How to complete this task – From the records below, give the number of lines that contain the string "present", without any other text.

Stored items –

----------------------------------------

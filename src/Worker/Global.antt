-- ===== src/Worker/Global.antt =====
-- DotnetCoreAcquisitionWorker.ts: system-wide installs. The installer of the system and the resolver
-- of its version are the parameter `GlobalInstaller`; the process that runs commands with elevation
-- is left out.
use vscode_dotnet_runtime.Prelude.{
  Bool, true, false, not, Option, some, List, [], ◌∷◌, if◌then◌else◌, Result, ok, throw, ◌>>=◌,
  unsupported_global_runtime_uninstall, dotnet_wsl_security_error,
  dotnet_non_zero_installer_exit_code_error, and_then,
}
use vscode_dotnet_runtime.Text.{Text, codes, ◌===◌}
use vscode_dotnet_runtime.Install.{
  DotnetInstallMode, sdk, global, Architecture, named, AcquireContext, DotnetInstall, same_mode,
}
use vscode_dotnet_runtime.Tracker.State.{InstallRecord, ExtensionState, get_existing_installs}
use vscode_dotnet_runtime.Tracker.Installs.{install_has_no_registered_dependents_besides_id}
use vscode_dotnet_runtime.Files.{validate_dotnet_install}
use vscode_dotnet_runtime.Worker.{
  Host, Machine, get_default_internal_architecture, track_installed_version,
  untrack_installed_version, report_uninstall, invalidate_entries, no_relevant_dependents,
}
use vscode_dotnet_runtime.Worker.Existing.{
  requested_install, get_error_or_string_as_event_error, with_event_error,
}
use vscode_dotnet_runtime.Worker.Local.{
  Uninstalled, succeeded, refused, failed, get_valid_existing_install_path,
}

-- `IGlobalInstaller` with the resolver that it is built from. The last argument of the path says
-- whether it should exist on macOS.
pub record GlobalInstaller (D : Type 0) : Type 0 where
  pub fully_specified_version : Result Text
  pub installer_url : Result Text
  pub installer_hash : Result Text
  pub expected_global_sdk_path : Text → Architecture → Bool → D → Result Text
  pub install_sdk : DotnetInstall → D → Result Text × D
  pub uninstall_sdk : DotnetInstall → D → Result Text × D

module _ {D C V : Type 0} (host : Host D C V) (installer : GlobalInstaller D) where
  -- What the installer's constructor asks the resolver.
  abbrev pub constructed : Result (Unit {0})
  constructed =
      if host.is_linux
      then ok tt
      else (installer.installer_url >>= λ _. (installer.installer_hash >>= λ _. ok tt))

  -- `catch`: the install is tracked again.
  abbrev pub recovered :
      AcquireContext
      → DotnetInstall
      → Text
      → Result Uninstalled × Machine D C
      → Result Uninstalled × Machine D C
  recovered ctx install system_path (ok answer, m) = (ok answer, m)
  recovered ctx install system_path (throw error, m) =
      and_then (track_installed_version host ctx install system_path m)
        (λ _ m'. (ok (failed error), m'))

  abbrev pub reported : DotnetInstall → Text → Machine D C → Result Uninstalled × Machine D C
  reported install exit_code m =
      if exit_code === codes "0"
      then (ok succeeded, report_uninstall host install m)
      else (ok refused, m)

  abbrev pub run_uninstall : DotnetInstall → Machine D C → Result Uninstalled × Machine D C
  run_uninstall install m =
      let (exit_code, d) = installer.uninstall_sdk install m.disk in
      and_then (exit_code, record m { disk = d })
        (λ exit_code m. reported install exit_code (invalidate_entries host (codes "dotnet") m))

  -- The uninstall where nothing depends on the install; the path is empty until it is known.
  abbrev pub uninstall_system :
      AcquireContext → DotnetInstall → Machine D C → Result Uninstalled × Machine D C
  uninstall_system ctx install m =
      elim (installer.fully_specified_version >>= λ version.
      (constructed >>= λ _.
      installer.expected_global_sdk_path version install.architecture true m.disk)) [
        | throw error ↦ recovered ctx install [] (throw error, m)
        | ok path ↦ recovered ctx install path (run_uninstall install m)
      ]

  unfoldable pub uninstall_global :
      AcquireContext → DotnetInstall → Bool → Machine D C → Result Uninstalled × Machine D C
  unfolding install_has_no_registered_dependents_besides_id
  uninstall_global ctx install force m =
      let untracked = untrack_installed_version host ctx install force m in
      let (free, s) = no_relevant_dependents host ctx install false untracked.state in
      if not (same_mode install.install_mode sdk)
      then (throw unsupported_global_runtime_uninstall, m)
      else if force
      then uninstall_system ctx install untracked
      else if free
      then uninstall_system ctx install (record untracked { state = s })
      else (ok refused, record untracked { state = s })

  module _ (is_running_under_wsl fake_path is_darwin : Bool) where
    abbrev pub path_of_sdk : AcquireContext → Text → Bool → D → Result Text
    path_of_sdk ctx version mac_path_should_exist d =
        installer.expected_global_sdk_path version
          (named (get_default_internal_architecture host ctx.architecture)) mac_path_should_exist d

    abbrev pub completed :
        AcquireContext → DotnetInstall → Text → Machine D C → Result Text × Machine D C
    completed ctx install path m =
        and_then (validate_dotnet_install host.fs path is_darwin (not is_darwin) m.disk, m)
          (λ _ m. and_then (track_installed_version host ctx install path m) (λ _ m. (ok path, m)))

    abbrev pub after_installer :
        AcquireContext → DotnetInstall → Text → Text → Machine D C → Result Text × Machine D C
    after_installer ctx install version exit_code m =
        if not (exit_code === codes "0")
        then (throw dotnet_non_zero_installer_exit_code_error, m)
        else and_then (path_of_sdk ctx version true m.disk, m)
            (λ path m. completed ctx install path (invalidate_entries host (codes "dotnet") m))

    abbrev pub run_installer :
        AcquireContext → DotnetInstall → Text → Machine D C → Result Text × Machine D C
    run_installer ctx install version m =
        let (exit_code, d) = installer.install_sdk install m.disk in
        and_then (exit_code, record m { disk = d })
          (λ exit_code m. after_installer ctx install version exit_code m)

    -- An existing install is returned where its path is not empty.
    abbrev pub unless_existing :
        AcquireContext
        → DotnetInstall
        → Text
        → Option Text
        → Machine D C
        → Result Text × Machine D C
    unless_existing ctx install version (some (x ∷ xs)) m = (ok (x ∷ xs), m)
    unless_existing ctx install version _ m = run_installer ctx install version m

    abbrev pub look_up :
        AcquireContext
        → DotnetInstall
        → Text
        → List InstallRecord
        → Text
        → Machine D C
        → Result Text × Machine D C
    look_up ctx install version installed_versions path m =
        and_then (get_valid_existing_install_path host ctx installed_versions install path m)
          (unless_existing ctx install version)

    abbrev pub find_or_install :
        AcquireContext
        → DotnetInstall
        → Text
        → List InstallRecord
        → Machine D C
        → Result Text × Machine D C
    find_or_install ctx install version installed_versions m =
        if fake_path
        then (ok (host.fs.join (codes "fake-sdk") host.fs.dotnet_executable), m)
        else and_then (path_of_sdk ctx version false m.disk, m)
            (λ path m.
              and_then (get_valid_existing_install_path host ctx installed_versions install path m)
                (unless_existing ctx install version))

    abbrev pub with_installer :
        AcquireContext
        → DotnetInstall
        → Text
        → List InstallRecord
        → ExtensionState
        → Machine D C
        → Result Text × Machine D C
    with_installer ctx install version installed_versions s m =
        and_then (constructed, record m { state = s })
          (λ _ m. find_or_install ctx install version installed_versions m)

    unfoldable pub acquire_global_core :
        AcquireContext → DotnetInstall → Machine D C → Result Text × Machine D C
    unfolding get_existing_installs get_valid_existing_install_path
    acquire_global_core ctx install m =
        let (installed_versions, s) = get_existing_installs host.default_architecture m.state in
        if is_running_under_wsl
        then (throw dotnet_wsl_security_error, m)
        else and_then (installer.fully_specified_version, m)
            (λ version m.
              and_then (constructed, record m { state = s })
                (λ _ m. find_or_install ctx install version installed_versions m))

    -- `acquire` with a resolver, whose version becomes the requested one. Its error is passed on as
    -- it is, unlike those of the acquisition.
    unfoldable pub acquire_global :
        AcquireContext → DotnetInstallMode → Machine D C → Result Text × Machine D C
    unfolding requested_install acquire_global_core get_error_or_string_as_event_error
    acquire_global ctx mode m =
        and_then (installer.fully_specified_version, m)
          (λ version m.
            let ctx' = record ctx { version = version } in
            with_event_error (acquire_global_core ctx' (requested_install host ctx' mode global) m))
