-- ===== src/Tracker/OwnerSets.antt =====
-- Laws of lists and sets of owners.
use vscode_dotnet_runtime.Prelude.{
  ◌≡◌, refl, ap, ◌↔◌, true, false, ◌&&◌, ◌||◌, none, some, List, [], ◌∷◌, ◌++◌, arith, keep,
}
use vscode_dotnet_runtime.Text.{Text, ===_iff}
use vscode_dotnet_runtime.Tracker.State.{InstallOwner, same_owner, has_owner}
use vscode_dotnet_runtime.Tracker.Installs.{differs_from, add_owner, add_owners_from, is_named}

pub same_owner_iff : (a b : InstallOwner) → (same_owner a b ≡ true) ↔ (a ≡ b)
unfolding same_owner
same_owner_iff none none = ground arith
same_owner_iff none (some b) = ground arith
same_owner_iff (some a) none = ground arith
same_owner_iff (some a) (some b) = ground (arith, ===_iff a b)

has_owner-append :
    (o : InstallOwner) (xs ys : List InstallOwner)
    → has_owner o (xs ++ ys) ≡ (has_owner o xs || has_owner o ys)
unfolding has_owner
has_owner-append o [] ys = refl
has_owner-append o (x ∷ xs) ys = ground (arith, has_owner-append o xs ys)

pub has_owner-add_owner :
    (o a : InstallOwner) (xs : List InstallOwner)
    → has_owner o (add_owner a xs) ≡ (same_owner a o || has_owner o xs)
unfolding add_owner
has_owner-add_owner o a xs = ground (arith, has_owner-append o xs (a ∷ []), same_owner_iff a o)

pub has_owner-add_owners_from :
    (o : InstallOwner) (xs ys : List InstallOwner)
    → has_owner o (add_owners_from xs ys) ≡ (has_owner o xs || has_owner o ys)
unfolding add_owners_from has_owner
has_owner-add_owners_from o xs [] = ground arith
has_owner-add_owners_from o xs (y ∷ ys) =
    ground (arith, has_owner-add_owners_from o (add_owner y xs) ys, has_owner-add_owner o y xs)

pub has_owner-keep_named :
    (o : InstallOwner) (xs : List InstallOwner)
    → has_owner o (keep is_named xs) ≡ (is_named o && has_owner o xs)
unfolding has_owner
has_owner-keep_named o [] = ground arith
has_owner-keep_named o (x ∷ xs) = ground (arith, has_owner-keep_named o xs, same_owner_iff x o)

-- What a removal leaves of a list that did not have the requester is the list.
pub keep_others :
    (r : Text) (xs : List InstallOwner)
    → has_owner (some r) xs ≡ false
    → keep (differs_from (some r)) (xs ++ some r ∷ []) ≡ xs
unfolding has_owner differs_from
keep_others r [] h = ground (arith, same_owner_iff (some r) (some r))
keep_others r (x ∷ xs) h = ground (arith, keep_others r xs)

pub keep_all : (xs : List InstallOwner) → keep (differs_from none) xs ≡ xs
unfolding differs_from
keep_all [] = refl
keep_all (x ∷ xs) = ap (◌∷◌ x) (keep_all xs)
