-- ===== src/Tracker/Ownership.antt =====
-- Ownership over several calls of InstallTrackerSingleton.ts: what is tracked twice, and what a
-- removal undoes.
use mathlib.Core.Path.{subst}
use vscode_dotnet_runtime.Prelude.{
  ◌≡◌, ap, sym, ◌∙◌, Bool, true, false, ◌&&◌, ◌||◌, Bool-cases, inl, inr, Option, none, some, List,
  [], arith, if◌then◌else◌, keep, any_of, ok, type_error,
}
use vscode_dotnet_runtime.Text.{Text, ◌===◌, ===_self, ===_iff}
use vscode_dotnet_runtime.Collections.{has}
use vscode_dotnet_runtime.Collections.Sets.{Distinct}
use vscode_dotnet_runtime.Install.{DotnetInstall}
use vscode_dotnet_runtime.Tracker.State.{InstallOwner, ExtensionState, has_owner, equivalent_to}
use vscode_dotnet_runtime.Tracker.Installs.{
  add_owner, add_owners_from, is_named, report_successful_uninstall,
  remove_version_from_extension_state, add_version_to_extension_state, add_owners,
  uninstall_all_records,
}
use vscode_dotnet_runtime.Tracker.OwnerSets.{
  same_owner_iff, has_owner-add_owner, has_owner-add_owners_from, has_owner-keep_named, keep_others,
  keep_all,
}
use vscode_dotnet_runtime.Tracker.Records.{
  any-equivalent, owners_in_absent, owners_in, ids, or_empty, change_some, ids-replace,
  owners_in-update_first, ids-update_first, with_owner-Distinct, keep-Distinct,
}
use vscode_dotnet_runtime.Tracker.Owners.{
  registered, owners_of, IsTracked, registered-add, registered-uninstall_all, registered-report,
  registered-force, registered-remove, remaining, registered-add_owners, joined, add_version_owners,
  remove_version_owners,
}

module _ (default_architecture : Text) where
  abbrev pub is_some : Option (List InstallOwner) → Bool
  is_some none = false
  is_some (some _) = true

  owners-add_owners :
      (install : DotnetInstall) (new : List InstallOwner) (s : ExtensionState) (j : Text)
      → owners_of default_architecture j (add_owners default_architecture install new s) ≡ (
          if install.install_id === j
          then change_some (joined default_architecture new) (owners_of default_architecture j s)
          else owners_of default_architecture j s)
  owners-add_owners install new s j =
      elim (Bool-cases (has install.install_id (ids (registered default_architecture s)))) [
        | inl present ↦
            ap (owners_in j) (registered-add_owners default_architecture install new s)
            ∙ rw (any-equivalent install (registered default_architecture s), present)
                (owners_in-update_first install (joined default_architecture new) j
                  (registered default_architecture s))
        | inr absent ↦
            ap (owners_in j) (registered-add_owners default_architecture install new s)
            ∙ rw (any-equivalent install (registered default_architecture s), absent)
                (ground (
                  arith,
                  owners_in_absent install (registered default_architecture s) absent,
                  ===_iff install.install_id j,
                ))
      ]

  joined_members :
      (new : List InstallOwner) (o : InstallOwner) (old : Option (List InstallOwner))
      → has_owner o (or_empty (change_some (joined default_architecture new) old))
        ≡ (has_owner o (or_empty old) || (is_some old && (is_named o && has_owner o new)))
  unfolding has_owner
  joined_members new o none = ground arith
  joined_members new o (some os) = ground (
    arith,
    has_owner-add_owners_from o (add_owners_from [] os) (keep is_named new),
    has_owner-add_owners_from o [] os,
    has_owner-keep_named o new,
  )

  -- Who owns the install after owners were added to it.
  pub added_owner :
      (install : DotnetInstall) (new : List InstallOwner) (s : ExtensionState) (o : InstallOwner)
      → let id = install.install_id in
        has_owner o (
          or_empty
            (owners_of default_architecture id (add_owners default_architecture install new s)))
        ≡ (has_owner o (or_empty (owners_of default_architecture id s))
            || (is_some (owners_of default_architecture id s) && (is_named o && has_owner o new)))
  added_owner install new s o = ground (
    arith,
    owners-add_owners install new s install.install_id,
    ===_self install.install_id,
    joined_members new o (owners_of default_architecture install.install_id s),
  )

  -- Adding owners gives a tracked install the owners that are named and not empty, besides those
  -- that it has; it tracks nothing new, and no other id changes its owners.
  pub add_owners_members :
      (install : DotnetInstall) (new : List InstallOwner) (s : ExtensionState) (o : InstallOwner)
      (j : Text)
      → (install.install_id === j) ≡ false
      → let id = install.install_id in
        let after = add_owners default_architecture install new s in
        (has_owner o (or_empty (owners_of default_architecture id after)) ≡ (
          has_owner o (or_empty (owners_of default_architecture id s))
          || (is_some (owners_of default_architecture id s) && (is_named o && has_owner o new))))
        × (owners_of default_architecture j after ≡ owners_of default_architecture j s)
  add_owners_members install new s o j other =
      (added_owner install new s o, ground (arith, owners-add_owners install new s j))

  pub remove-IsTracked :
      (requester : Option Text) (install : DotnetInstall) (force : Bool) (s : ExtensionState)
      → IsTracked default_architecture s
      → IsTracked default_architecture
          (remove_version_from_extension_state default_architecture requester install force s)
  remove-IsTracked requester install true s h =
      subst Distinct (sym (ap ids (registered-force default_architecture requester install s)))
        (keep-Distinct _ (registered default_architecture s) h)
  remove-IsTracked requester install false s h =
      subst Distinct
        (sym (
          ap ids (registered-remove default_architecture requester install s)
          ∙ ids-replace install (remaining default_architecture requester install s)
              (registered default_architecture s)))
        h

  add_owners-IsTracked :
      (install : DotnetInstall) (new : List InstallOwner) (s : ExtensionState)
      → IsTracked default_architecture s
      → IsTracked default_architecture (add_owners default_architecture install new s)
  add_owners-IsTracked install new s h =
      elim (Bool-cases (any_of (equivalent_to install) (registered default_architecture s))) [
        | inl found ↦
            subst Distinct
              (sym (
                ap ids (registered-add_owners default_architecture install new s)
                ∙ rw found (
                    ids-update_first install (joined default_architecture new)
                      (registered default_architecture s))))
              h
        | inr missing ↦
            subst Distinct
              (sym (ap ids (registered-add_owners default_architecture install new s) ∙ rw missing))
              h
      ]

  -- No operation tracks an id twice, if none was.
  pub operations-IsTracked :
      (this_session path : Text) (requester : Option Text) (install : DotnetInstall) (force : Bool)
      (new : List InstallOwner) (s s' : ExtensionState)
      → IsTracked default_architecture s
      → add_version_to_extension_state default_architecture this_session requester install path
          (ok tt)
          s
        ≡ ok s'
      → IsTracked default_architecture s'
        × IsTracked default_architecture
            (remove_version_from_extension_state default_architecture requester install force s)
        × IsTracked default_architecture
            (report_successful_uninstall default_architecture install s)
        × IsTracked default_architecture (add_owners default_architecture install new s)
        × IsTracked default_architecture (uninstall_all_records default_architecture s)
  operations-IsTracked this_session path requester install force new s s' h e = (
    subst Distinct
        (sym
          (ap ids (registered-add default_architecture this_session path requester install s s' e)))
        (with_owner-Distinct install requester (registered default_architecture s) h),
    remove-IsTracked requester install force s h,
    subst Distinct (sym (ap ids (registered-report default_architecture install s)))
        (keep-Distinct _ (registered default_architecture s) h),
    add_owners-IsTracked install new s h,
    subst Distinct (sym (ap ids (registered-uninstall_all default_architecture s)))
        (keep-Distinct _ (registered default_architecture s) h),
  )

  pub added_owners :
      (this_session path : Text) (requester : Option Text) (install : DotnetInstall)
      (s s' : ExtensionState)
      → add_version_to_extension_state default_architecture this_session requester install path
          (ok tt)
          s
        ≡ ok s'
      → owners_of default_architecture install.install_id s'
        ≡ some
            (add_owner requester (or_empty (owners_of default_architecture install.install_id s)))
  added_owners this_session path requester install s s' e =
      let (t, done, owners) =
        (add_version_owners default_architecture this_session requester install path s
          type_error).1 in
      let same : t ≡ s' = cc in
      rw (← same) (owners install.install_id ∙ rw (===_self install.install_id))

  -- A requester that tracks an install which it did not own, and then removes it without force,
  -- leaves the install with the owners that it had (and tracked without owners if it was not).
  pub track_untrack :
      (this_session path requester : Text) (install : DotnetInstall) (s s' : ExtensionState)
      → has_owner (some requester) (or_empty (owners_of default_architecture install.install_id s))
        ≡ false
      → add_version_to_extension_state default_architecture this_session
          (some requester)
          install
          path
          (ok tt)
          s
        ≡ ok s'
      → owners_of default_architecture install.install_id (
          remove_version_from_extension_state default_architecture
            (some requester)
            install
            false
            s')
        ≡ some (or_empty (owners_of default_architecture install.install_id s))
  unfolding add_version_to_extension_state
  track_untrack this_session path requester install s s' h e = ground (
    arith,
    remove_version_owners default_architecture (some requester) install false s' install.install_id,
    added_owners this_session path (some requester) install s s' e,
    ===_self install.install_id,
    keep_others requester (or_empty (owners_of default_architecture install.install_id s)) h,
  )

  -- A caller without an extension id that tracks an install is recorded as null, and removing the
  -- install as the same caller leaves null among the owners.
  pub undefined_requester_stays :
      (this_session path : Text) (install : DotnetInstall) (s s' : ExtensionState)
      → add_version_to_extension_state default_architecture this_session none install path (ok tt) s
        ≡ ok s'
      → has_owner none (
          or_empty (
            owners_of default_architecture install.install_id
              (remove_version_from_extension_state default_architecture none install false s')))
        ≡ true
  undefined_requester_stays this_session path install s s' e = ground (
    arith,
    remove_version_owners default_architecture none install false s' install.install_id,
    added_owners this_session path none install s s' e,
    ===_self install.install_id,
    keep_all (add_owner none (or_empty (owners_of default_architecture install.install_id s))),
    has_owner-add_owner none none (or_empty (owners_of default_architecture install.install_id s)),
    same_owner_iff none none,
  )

----------------------------------------

Exercise result – 2